Content starts

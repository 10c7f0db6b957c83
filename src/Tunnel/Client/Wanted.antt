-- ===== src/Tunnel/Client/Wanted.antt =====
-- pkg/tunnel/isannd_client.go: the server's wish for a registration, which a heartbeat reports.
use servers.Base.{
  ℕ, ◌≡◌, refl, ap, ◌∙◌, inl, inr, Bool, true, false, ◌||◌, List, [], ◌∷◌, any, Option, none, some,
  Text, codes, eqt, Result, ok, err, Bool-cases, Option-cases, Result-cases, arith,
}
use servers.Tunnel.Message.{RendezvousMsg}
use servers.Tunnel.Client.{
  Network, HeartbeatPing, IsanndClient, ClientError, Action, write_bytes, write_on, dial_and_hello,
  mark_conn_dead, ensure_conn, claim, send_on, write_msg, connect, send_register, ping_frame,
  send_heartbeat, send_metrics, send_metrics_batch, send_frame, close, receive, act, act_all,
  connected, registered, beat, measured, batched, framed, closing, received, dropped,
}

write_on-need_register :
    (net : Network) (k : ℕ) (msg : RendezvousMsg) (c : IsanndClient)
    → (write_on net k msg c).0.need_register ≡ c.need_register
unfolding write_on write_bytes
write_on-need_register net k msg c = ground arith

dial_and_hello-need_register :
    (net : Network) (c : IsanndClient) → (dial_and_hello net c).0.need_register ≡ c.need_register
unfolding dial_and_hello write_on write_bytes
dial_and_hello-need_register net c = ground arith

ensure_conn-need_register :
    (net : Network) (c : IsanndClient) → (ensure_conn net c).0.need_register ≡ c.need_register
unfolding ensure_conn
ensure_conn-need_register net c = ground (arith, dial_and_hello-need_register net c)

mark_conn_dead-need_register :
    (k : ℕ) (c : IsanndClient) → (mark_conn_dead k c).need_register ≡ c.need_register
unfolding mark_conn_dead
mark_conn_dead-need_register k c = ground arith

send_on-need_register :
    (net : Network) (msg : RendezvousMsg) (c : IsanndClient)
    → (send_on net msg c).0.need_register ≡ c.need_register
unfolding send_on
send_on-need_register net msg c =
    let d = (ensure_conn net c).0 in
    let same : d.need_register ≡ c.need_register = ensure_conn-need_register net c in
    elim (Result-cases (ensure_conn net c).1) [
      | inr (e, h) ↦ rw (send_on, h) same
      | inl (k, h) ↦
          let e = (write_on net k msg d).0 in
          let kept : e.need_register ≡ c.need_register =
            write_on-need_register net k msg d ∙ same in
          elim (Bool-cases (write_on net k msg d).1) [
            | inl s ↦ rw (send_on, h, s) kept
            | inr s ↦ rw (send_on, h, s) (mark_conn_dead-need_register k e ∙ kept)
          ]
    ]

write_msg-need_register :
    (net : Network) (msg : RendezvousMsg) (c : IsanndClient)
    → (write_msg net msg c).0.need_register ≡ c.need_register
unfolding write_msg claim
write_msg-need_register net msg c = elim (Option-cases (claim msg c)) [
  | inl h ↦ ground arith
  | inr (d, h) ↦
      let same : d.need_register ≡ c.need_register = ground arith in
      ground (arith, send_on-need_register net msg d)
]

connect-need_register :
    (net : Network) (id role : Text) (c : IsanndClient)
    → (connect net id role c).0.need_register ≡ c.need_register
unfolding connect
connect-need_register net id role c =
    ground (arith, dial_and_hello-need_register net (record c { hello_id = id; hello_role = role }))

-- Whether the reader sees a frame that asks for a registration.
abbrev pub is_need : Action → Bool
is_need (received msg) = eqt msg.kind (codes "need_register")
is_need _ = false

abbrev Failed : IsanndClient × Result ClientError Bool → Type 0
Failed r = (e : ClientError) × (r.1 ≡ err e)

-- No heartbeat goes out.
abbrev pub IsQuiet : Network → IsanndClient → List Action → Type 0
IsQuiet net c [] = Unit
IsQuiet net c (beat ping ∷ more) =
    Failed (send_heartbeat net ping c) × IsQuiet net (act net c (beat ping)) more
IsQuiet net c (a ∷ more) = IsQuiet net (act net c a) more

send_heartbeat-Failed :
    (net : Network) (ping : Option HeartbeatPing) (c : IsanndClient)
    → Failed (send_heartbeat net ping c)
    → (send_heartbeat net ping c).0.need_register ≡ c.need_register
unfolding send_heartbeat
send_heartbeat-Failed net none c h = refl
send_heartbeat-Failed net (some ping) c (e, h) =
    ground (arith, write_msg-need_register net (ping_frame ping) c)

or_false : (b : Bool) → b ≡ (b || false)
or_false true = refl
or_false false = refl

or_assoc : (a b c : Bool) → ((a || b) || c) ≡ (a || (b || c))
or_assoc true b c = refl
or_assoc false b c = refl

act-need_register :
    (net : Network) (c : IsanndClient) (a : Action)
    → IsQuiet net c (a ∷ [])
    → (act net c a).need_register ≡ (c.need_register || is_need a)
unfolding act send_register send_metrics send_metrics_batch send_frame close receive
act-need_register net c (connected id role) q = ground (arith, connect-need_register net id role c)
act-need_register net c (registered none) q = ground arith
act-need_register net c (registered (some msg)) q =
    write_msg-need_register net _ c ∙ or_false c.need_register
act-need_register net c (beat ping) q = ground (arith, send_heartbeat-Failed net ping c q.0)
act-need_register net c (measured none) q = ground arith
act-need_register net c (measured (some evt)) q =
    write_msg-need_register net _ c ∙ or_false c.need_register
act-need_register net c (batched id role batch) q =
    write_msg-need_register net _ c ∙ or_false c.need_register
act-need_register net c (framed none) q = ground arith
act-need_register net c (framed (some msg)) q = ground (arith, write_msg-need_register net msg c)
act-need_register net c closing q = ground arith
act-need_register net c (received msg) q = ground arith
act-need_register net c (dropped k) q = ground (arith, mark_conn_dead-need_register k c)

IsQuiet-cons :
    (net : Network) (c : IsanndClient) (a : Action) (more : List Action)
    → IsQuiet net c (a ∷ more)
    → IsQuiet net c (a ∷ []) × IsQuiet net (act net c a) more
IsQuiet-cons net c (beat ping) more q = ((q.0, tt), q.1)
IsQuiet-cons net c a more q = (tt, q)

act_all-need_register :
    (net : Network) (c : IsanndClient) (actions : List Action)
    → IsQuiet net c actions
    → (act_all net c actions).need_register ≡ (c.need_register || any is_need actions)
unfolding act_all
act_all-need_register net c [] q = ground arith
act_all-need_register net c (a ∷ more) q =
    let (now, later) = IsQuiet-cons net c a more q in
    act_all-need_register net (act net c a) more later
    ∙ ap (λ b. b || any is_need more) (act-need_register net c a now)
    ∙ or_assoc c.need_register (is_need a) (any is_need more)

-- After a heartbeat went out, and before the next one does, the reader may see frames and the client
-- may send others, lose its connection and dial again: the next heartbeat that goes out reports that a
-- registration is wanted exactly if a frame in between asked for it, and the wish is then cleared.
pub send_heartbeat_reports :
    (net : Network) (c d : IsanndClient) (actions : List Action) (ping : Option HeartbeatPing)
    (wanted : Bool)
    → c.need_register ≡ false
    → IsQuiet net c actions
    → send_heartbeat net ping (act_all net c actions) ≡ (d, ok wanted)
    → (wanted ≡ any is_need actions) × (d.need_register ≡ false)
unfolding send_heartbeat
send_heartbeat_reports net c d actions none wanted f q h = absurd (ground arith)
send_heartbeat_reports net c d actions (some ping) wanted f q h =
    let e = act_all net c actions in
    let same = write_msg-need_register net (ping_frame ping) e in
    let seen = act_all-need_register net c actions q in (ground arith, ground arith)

Content ends

REQUIRED ACTION = Using the material above, transcribe exactly the lines from the line with "unfolding send_on" to the line with "abbrev Failed : IsanndClient"; both count, and nothing else goes in.

REPLY =
unfolding send_on
send_on-need_register net msg c =
    let d = (ensure_conn net c).0 in
    let same : d.need_register ≡ c.need_register = ensure_conn-need_register net c in
    elim (Result-cases (ensure_conn net c).1) [
      | inr (e, h) ↦ rw (send_on, h) same
      | inl (k, h) ↦
          let e = (write_on net k msg d).0 in
          let kept : e.need_register ≡ c.need_register =
            write_on-need_register net k msg d ∙ same in
          elim (Bool-cases (write_on net k msg d).1) [
            | inl s ↦ rw (send_on, h, s) kept
            | inr s ↦ rw (send_on, h, s) (mark_conn_dead-need_register k e ∙ kept)
          ]
    ]

write_msg-need_register :
    (net : Network) (msg : RendezvousMsg) (c : IsanndClient)
    → (write_msg net msg c).0.need_register ≡ c.need_register
unfolding write_msg claim
write_msg-need_register net msg c = elim (Option-cases (claim msg c)) [
  | inl h ↦ ground arith
  | inr (d, h) ↦
      let same : d.need_register ≡ c.need_register = ground arith in
      ground (arith, send_on-need_register net msg d)
]

connect-need_register :
    (net : Network) (id role : Text) (c : IsanndClient)
    → (connect net id role c).0.need_register ≡ c.need_register
unfolding connect
connect-need_register net id role c =
    ground (arith, dial_and_hello-need_register net (record c { hello_id = id; hello_role = role }))

-- Whether the reader sees a frame that asks for a registration.
abbrev pub is_need : Action → Bool
is_need (received msg) = eqt msg.kind (codes "need_register")
is_need _ = false

abbrev Failed : IsanndClient × Result ClientError Bool → Type 0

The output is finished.